Toutefois, gare aux conclusions hâtives! Ce type de soulier ne bénéficie peut-être pas à tout le monde. Comme on l’a vu plus haut, les améliorations apparaissent proportionnellement avec la vitesse de course, excluant temporairement une population de coureurs qui ne vise pas la performance à tout coup… Le paradoxe étant que c’est aussi cette population de coureurs qui, historiquement, va naturellement vers les chaussures traditionnelles.

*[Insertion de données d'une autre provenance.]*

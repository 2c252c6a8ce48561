-- ===== src/Core/Osiptel.antt =====
-- packages/core/core/sites/osiptel: the page of lines that the site answers (parser.py), the form
-- that asks for it (payload.py), and the requests of a lookup (site.py).
pub mod Paging
pub mod Complete
pub mod Ready
pub mod Carriers
use docs_pe.Common.{
  ℕ, Bool, false, not, ◌&&◌, Option, none, some, List, [], ◌∷◌, ◌++◌, Text, text, text_eq,
  if◌then◌else◌, is_empty, all, length,
}
use docs_pe.Common.Unicode.{Unicode, strip}
use docs_pe.Core.Doc.{Doc, DocKind, dni}
use docs_pe.Core.Types.{Row, word}
use docs_pe.Core.Policy.{ErrorClass, provider_schema, parse, exception, classify_status}

-- What json.loads gives. A negative number and a fraction hold nothing that the code reads.
mutual
  pub data Json : Type 0 where
    null : Json
    boolean : Bool → Json
    number : ℕ → Json
    other_number : Json
    string : Text → Json
    array : Items → Json
    object : Fields → Json

  pub data Items : Type 0 where
    nil : Items
    item : Json → Items → Items

  pub data Fields : Type 0 where
    done : Fields
    field : Text → Json → Fields → Fields

pub data Fetched {ℓ} (A : Type ℓ) : Type ℓ where
  ok : A → Fetched A
  err : ErrorClass → Fetched A

infixl 5 ◌>>=◌
abbrev pub ◌>>=◌ : {A B : Type 0} → Fetched A → (A → Fetched B) → Fetched B
ok a >>= f = f a
err e >>= f = err e

-- `payload.get(key)`, where no key comes twice
unfoldable pub get : Text → Fields → Json
get key done = null
get key (field k v fs) = if text_eq k key then v else get key fs

-- `str.isdigit` of one code point, and `int` of a text of such; `none` is its ValueError.
pub record Digits : Type 0 where
  pub is_digit : ℕ → Bool
  pub int : Text → Option ℕ

pub record ParsedPage : Type 0 where
  pub total_records : ℕ
  pub rows : List Row

module _ (u : Unicode) (d : Digits) where
  abbrev int_of : Text → Fetched ℕ
  int_of t = elim (d.int t) [ none ↦ err exception | some n ↦ ok n ]

  -- `_total_records`; True and False are the integers 1 and 0
  unfoldable pub total_records : Json → Fetched ℕ
  total_records (number n) = ok n
  total_records (boolean b) = ok (if b then 1 else 0)
  total_records (string t) =
      if not (is_empty t) && all d.is_digit t then int_of t else err provider_schema
  total_records v = err provider_schema

  -- `_required_text`
  unfoldable pub required_text : Json → Fetched Text
  required_text (string t) = if is_empty (strip u t) then err provider_schema else ok (strip u t)
  required_text v = err provider_schema

  -- `_line_from_row`
  unfoldable pub line_from_row : Json → Fetched Row
  unfolding required_text get
  line_from_row (object fs) = do
    modalidad ← required_text (get (text "modalidad") fs)
    numero ← required_text (get (text "numeroServicio") fs)
    operador ← required_text (get (text "operador") fs)
    ok (word modalidad ∷ word numero ∷ word operador ∷ [])
  line_from_row v = err provider_schema

  unfoldable pub lines_of : Items → Fetched (List Row)
  unfolding line_from_row
  lines_of nil = ok []
  lines_of (item v vs) =
      let rest = lines_of vs in line_from_row v >>= λ row. rest >>= λ rows. ok (row ∷ rows)

  -- `_rows`, with its rows read
  unfoldable pub rows_of : Json → Fetched (List Row)
  unfolding lines_of
  rows_of (array vs) = lines_of vs
  rows_of v = err provider_schema

  abbrev pub is_rejection : Json → Bool
  is_rejection (boolean b) = b
  is_rejection v = false

  -- `parse_page`
  unfoldable pub parse_page : Json → Fetched ParsedPage
  unfolding get total_records rows_of
  parse_page (object fs) =
      if is_rejection (get (text "estado") fs)
      then err provider_schema
      else total_records (get (text "iTotalRecords") fs) >>= λ total.
          rows_of (get (text "data") fs) >>= λ rows.
          ok (record { total_records = total; rows = rows })
  parse_page v = err provider_schema

pub record PageRequest : Type 0 where
  pub numero : Text
  pub id_tipo_doc : Text
  pub draw : ℕ
  pub start : ℕ
  pub length : ℕ

abbrev pub id_tipo_doc : DocKind → Text
id_tipo_doc DocKind.dni = text "1"
id_tipo_doc DocKind.ruc = text "2"

-- `PageRequest.for_doc`
unfoldable pub for_doc : Doc → ℕ → ℕ → ℕ → PageRequest
for_doc doc draw start length = record {
  numero = doc.value;
  id_tipo_doc = id_tipo_doc doc.kind;
  draw = draw;
  start = start;
  length = length;
}

-- The six entries of one column, by its index as a text.
abbrev column_entries : Text → Text → List (Text × Text)
column_entries index name =
    let key = λ (rest : Text). text "columns[" ++ (index ++ rest) in
    (key (text "][data]"), name)
    ∷ (key (text "][name]"), name)
    ∷ (key (text "][searchable]"), text "false")
    ∷ (key (text "][orderable]"), text "false")
    ∷ (key (text "][search][value]"), [])
    ∷ (key (text "][search][regex]"), text "false")
    ∷ []

-- `build_payload`, with `str` of a number as an argument
unfoldable pub build_payload : (ℕ → Text) → PageRequest → List (Text × Text)
build_payload str req =
    ((text "order[0][column]", text "0")
      ∷ (text "order[0][dir]", text "asc")
      ∷ (text "draw", str req.draw)
      ∷ (text "start", str req.start)
      ∷ (text "length", str req.length)
      ∷ (text "search[value]", [])
      ∷ (text "search[regex]", text "false")
      ∷ (text "IdTipoDoc", req.id_tipo_doc)
      ∷ (text "NumeroDocumento", req.numero)
      ∷ (text "HCaptchaTokenCon", [])
      ∷ (text "BoolConsulta", text "true")
      ∷ [])
    ++ (column_entries (text "0") (text "indice")
        ++ (column_entries (text "1") (text "modalidad")
            ++ (column_entries (text "2") (text "numeroServicio")
                ++ column_entries (text "3") (text "operador"))))

-- An answer of the site: its status and its JSON, if it is JSON; or the error of the transport.
pub data Response : Type 0 where
  answered : ℕ → Option Json → Response
  broken : ErrorClass → Response

-- `_fetch_page`, from the answer on
unfoldable pub fetch_page : Response → Fetched Json
unfolding classify_status
fetch_page (broken e) = err e
fetch_page (answered status body) = elim (classify_status status) [
  | some fault ↦ err fault
  | none ↦ elim body [ none ↦ err parse | some payload ↦ ok payload ]
]
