-- ===== src/Envelope/Layout.antt =====
-- The packed blob: what `encrypt` makes and how `decrypt` takes it apart.
use mathlib.Core.Path.{ap₂}
use briefed.Base.{
  ◌+◌, ◌*◌, ◌/◌, ◌%◌, ◌≤◌, ◌≡◌, ◌≢◌, refl, ◌∙◌, [], ◌∷◌, ◌++◌, append_assoc, Option, none, some,
  Option-cases, inl, inr, length, take-append, drop-append, arith,
}
use briefed.Base.Result.{Result, ok, err}
use briefed.Envelope.{
  Bytes, EncryptionContext, EnvelopeCipher, CryptoError, version_byte, nonce_len, pack_header,
  encrypt, unseal_with, decrypt_parts, decrypt_body, decrypt, kms_decrypt_failed,
}

-- A blob of the current version.
abbrev pub packed : Bytes → Bytes → Bytes → Bytes
packed wrapped_dek nonce ciphertext =
    version_byte
    ∷ length wrapped_dek / 256
    ∷ length wrapped_dek % 256
    ∷ length nonce / 256
    ∷ length nonce % 256
    ∷ (wrapped_dek ++ (nonce ++ ciphertext))

abbrev pub unwrapped : EnvelopeCipher → Bytes → Bytes → Option Bytes → Result CryptoError Bytes
unwrapped cipher nonce ciphertext none = err kms_decrypt_failed
unwrapped cipher nonce ciphertext (some dek) = unseal_with cipher nonce ciphertext dek

decrypt_parts-unwrapped :
    (cipher : EnvelopeCipher) (context : EncryptionContext) (w n c : Bytes)
    → length n ≡ nonce_len
    → c ≢ []
    → decrypt_parts cipher version_byte (length w) (length n) w n c context
      ≡ unwrapped cipher n c (cipher.client.decrypt_key cipher.key_id w context)
unfolding decrypt_parts
decrypt_parts-unwrapped cipher context w n [] h ne = absurd (ne refl)
decrypt_parts-unwrapped cipher context w n (b ∷ bs) h ne =
    elim (Option-cases (cipher.client.decrypt_key cipher.key_id w context)) [
      | inl refused ↦ ground (arith, h)
      | inr (dek, e) ↦ ground (arith, h)
    ]

module _ (cipher : EnvelopeCipher) (context : EncryptionContext) where
  decrypt_body-append :
      (wrapped_dek nonce ciphertext : Bytes)
      → length nonce ≡ nonce_len
      → ciphertext ≢ []
      → decrypt_body cipher version_byte
          (length wrapped_dek)
          (length nonce)
          (wrapped_dek ++ (nonce ++ ciphertext))
          context
        ≡ unwrapped cipher nonce ciphertext
            (cipher.client.decrypt_key cipher.key_id wrapped_dek context)
  unfolding decrypt_body
  decrypt_body-append w n c h ne =
      rw (take-append w (n ++ c), drop-append w (n ++ c), take-append n c, drop-append n c)
        (decrypt_parts-unwrapped cipher context w n c h ne)

  pub decrypt-packed :
      (wrapped_dek nonce ciphertext : Bytes)
      → length nonce ≡ nonce_len
      → ciphertext ≢ []
      → decrypt cipher (packed wrapped_dek nonce ciphertext) context
        ≡ unwrapped cipher nonce ciphertext
            (cipher.client.decrypt_key cipher.key_id wrapped_dek context)
  unfolding decrypt
  decrypt-packed w n c h ne =
      let a : length w / 256 * 256 + length w % 256 ≡ length w = omega arith in
      let b : length n / 256 * 256 + length n % 256 ≡ length n = omega arith in
      ap₂ (λ x y. decrypt_body cipher version_byte x y (w ++ (n ++ c)) context) a b
      ∙ decrypt_body-append w n c h ne

  pub encrypt-packed :
      (dek nonce plaintext wrapped_dek : Bytes)
      → plaintext ≢ []
      → length nonce ≡ nonce_len
      → length wrapped_dek ≤ 65535
      → cipher.client.encrypt_key cipher.key_id dek context ≡ some wrapped_dek
      → encrypt cipher dek nonce plaintext context
        ≡ ok (packed wrapped_dek nonce (cipher.aes_gcm.seal dek nonce plaintext))
  unfolding encrypt pack_header
  encrypt-packed dek nonce [] w ne h le e = absurd (ne refl)
  encrypt-packed dek nonce (p ∷ ps) w ne h le e =
      let short : pack_header version_byte (length w) (length nonce)
          ≡ some (
              version_byte
              ∷ length w / 256
              ∷ length w % 256
              ∷ length nonce / 256
              ∷ length nonce % 256
              ∷ []) =
        ground (arith, h, le) in
      rw (e, short, append_assoc w nonce (cipher.aes_gcm.seal dek nonce (p ∷ ps))) refl
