-- ===== src/Envelope/Excerpts.antt =====
-- Excerpts at rest: they come back to their row, and to no other.
use briefed.Base.{
  ◌≤◌, ◌≡◌, ◌≢◌, ◌⊎◌, inl, inr, refl, sym, ap, ◌∙◌, String, [], ◌∷◌, Option, none, some,
  Option-cases, length, arith,
}
use briefed.Base.Dict.{lookup, get_or}
use briefed.Base.Result.{Result, ok, Result-cases}
use briefed.Envelope.{
  Bytes, EncryptionContext, EnvelopeCipher, KmsClient, AesGcm, nonce_len, dek_len, encrypt, decrypt,
  unseal_with, excerpt_context, legacy_unbound_row_id, encrypt_excerpt, decrypt_bound_or_legacy,
  decrypt_excerpt,
}
use briefed.Envelope.Layout.{packed, unwrapped, decrypt-packed, encrypt-packed}

-- What KMS documents: a wrapped key is at most 6144 bytes long, it is unwrapped under the context of
-- the wrap, and under no other.
pub record IsKms (kms : KmsClient) : Type 0 where
  pub short :
      (key : String) (plaintext : Bytes) (context : EncryptionContext) (wrapped : Bytes)
      → kms.encrypt_key key plaintext context ≡ some wrapped
      → length wrapped ≤ 6144
  pub unwraps :
      (key : String) (plaintext : Bytes) (context : EncryptionContext) (wrapped : Bytes)
      → kms.encrypt_key key plaintext context ≡ some wrapped
      → kms.decrypt_key key wrapped context ≡ some plaintext
  pub binds :
      (key : String) (plaintext : Bytes) (context : EncryptionContext) (wrapped : Bytes)
      (other : EncryptionContext) (unwrapped : Bytes)
      → kms.encrypt_key key plaintext context ≡ some wrapped
      → kms.decrypt_key key wrapped other ≡ some unwrapped
      → context ≡ other

-- What AES-GCM promises: it opens what it sealed, and a sealed text has at least its tag.
pub record IsAesGcm (aes_gcm : AesGcm) : Type 0 where
  pub opens :
      (key nonce plaintext : Bytes)
      → aes_gcm.unseal key nonce (aes_gcm.seal key nonce plaintext) ≡ some plaintext
  pub tagged : (key nonce plaintext : Bytes) → aes_gcm.seal key nonce plaintext ≢ []

pub ok-inj : {E A : Type 0} {a b : A} → ◌≡◌ {A = Result E A} (ok a) (ok b) → a ≡ b
ok-inj e = ground arith

-- `NULL` for an empty excerpt, and a blob with a byte in it for any other.
abbrev pub IsStoredAs : Bytes → Option Bytes → Type 0
IsStoredAs [] stored = stored ≡ none
IsStoredAs (p ∷ ps) stored = (blob : Bytes) × (stored ≡ some blob) × (blob ≢ [])

row_id_of : (m m' u u' : String) → excerpt_context m u ≡ excerpt_context m' u' → m ≡ m'
unfolding excerpt_context lookup
row_id_of m m' u u' e = ap (λ c. get_or "row_id" "" c) e

user_id_of : (m m' u u' : String) → excerpt_context m u ≡ excerpt_context m' u' → u ≡ u'
unfolding excerpt_context lookup
user_id_of m m' u u' e = ap (λ c. get_or "user_id" "" c) e

module _ (cipher : EnvelopeCipher) (kms : IsKms cipher.client)
    (aes_gcm : IsAesGcm cipher.aes_gcm) where
  decrypt-encrypt :
      (dek nonce plaintext wrapped : Bytes) (context : EncryptionContext)
      → length dek ≡ dek_len
      → length nonce ≡ nonce_len
      → plaintext ≢ []
      → cipher.client.encrypt_key cipher.key_id dek context ≡ some wrapped
      → (blob : Bytes) × (encrypt cipher dek nonce plaintext context ≡ ok blob)
        × (blob ≢ [])
        × (decrypt cipher blob context ≡ ok plaintext)
  unfolding unseal_with
  decrypt-encrypt dek nonce plaintext w context hd hn ne e =
      let sealed : Bytes = cipher.aes_gcm.seal dek nonce plaintext in
      let le : length w ≤ 65535 = omega (arith, kms.short cipher.key_id dek context w e) in
      (
        packed w nonce sealed,
        encrypt-packed cipher context dek nonce plaintext w ne hn le e,
        λ x. absurd (ground arith),
        decrypt-packed cipher context w nonce sealed hn (aes_gcm.tagged dek nonce plaintext)
            ∙ ap (unwrapped cipher nonce sealed) (kms.unwraps cipher.key_id dek context w e)
            ∙ ground (arith, hd, aes_gcm.opens dek nonce plaintext),
      )

  decrypt_excerpt-some :
      (blob plaintext : Bytes) (m u : String)
      → blob ≢ []
      → decrypt cipher blob (excerpt_context m u) ≡ ok plaintext
      → decrypt_excerpt (some cipher) (some blob) m u ≡ ok plaintext
  unfolding decrypt_excerpt decrypt_bound_or_legacy
  decrypt_excerpt-some [] plaintext m u ne read = absurd (ne refl)
  decrypt_excerpt-some (b ∷ bs) plaintext m u ne read = ground arith

  -- Whenever KMS wraps the key, an excerpt is stored, an empty one as `NULL` and any other as a blob
  -- that is not empty, and what is stored is read back under the same message and user.
  pub decrypt_excerpt-encrypt_excerpt :
      (dek nonce plaintext wrapped : Bytes) (message_id user_id : String)
      → length dek ≡ dek_len
      → length nonce ≡ nonce_len
      → cipher.client.encrypt_key cipher.key_id dek (excerpt_context message_id user_id)
        ≡ some wrapped
      → (stored : Option Bytes) × (encrypt_excerpt
            (some cipher)
            dek
            nonce
            plaintext
            message_id
            user_id
          ≡ ok stored)
        × IsStoredAs plaintext stored
        × (decrypt_excerpt (some cipher) stored message_id user_id ≡ ok plaintext)
  unfolding encrypt_excerpt decrypt_excerpt
  decrypt_excerpt-encrypt_excerpt dek nonce [] w m u hd hn e = (none, refl, refl, refl)
  decrypt_excerpt-encrypt_excerpt dek nonce (p ∷ ps) w m u hd hn e =
      let (blob, stored, ne, read) =
        decrypt-encrypt dek nonce (p ∷ ps) w (excerpt_context m u) hd hn
          (λ x. absurd (ground arith)) e in
      (some blob, ground arith, (blob, refl, ne), decrypt_excerpt-some blob (p ∷ ps) m u ne read)

  encrypt_refused :
      (dek nonce plaintext blob : Bytes) (context : EncryptionContext)
      → plaintext ≢ []
      → cipher.client.encrypt_key cipher.key_id dek context ≡ none
      → encrypt cipher dek nonce plaintext context ≢ ok blob
  unfolding encrypt
  encrypt_refused dek nonce [] blob context ne refused stored = ne refl
  encrypt_refused dek nonce (p ∷ ps) blob context ne refused stored = ground arith

  encrypt_inv :
      (dek nonce plaintext blob : Bytes) (context : EncryptionContext)
      → length nonce ≡ nonce_len
      → plaintext ≢ []
      → encrypt cipher dek nonce plaintext context ≡ ok blob
      → (wrapped : Bytes) × (cipher.client.encrypt_key cipher.key_id dek context ≡ some wrapped)
        × (blob ≡ packed wrapped nonce (cipher.aes_gcm.seal dek nonce plaintext))
  encrypt_inv dek nonce plaintext blob context hn ne stored =
      elim (Option-cases (cipher.client.encrypt_key cipher.key_id dek context)) [
        | inl refused ↦ absurd (encrypt_refused dek nonce plaintext blob context ne refused stored)
        | inr (w, e) ↦
            let le : length w ≤ 65535 = omega (arith, kms.short cipher.key_id dek context w e) in
            (
              w,
              e,
              ok-inj (sym stored ∙ encrypt-packed cipher context dek nonce plaintext w ne hn le e),
            )
      ]

  -- A blob that is read back under any context was wrapped under it.
  decrypt_context :
      (dek nonce plaintext blob read : Bytes) (context other : EncryptionContext)
      → length nonce ≡ nonce_len
      → plaintext ≢ []
      → encrypt cipher dek nonce plaintext context ≡ ok blob
      → decrypt cipher blob other ≡ ok read
      → context ≡ other
  decrypt_context dek nonce plaintext blob read context other hn ne stored opened =
      let (w, e, same) = encrypt_inv dek nonce plaintext blob context hn ne stored in
      let sealed : Bytes = cipher.aes_gcm.seal dek nonce plaintext in
      let used : unwrapped cipher nonce sealed (cipher.client.decrypt_key cipher.key_id w other)
          ≡ ok read =
        sym (decrypt-packed cipher other w nonce sealed hn (aes_gcm.tagged dek nonce plaintext))
        ∙ ap (λ b. decrypt cipher b other) (sym same)
        ∙ opened in
      elim (Option-cases (cipher.client.decrypt_key cipher.key_id w other)) [
        | inl refused ↦ absurd (ground arith)
        | inr (q, d) ↦ kms.binds cipher.key_id dek context w other q e d
      ]

  stored_inv :
      (dek nonce plaintext blob : Bytes) (m u : String)
      → plaintext ≢ []
      → encrypt_excerpt (some cipher) dek nonce plaintext m u ≡ ok (some blob)
      → encrypt cipher dek nonce plaintext (excerpt_context m u) ≡ ok blob
  unfolding encrypt_excerpt
  stored_inv dek nonce [] blob m u ne stored = absurd (ne refl)
  stored_inv dek nonce (p ∷ ps) blob m u ne stored =
      elim (Result-cases (encrypt cipher dek nonce (p ∷ ps) (excerpt_context m u))) [
        | inl (b, e) ↦ ground arith
        | inr (x, e) ↦ absurd (ground arith)
      ]

  opened_inv :
      (blob read : Bytes) (m u : String)
      → blob ≢ []
      → decrypt_excerpt (some cipher) (some blob) m u ≡ ok read
      → (decrypt cipher blob (excerpt_context m u) ≡ ok read)
        ⊎ (decrypt cipher blob (excerpt_context legacy_unbound_row_id u) ≡ ok read)
  unfolding decrypt_excerpt decrypt_bound_or_legacy
  opened_inv [] read m u ne opened = absurd (ne refl)
  opened_inv (b ∷ bs) read m u ne opened =
      elim (Result-cases (decrypt cipher (b ∷ bs) (excerpt_context m u))) [
        | inl (q, e) ↦ inl (ground arith)
        | inr (x, e) ↦ inr (ground arith)
      ]

  -- An excerpt that was stored for a message of a user is read back only for a row of the same
  -- user, and of the same message; a message whose id is the text None is the exception.
  pub decrypt_excerpt-bound :
      (dek nonce plaintext blob read : Bytes) (m u m' u' : String)
      → length nonce ≡ nonce_len
      → plaintext ≢ []
      → encrypt_excerpt (some cipher) dek nonce plaintext m u ≡ ok (some blob)
      → decrypt_excerpt (some cipher) (some blob) m' u' ≡ ok read
      → (u ≡ u') × ((m ≡ m') ⊎ (m ≡ legacy_unbound_row_id))
  decrypt_excerpt-bound dek nonce plaintext blob read m u m' u' hn ne stored opened =
      let sealed : encrypt cipher dek nonce plaintext (excerpt_context m u) ≡ ok blob =
        stored_inv dek nonce plaintext blob m u ne stored in
      let (w, e, same) = encrypt_inv dek nonce plaintext blob (excerpt_context m u) hn ne sealed in
      let filled : blob ≢ [] = λ x. absurd (ground (arith, same, x)) in
      let bound = λ (other : EncryptionContext) (o : decrypt cipher blob other ≡ ok read).
        decrypt_context dek nonce plaintext blob read (excerpt_context m u) other hn ne sealed o in
      elim (opened_inv blob read m' u' filled opened) [
        | inl o ↦
            let c : excerpt_context m u ≡ excerpt_context m' u' = bound (excerpt_context m' u') o in
            (user_id_of m m' u u' c, inl (row_id_of m m' u u' c))
        | inr o ↦
            let c : excerpt_context m u ≡ excerpt_context legacy_unbound_row_id u' =
              bound (excerpt_context legacy_unbound_row_id u') o in
            (
              user_id_of m legacy_unbound_row_id u u' c,
              inr (row_id_of m legacy_unbound_row_id u u' c),
            )
      ]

Trouver sa place, entre technologies et convictions
À l’heure d’écrire ces lignes, les records continuent d’affluer. Même après la pluie de records aux JO de Tokyo13, les chaussures avec plaque de carbone continuent d’alimenter la polémique14. Cela ne semble pourtant pas faire tiquer les athlètes, qui y voient un matériel comme les autres : « Ça ne me dérange pas, commente l’olympien Jimmy Gressier. Tout le monde les a aux pieds aujourd’hui, donc on se bat à armes égales ». Pas faux… Dans un domaine où la seule pièce d’équipement nécessaire est une paire de chaussures, difficile d’admettre que tout un chacun ne puisse pas s’en procurer une paire…
Cependant, on conviendra que cela impose un nouveau standard – porter des souliers à tiges de carbone – ce qui n’est pas nécessairement plébiscité (ni souhaité) à tous les niveaux de pratique. Tenter de modifier sa posture et s’exposer aux potentielles blessures d’usure liées à cette adaptation, tout cela dans l’unique but de « se mettre à égalité avec les autres », ne désavantage-t-il pas le coureur vis à vis des autres?
Le débat est ouvert…
Par : Ariane Patenaude, B.Sc Kinésiologie
*L’utilisation du masculin dans le texte vise à alléger celui-ci.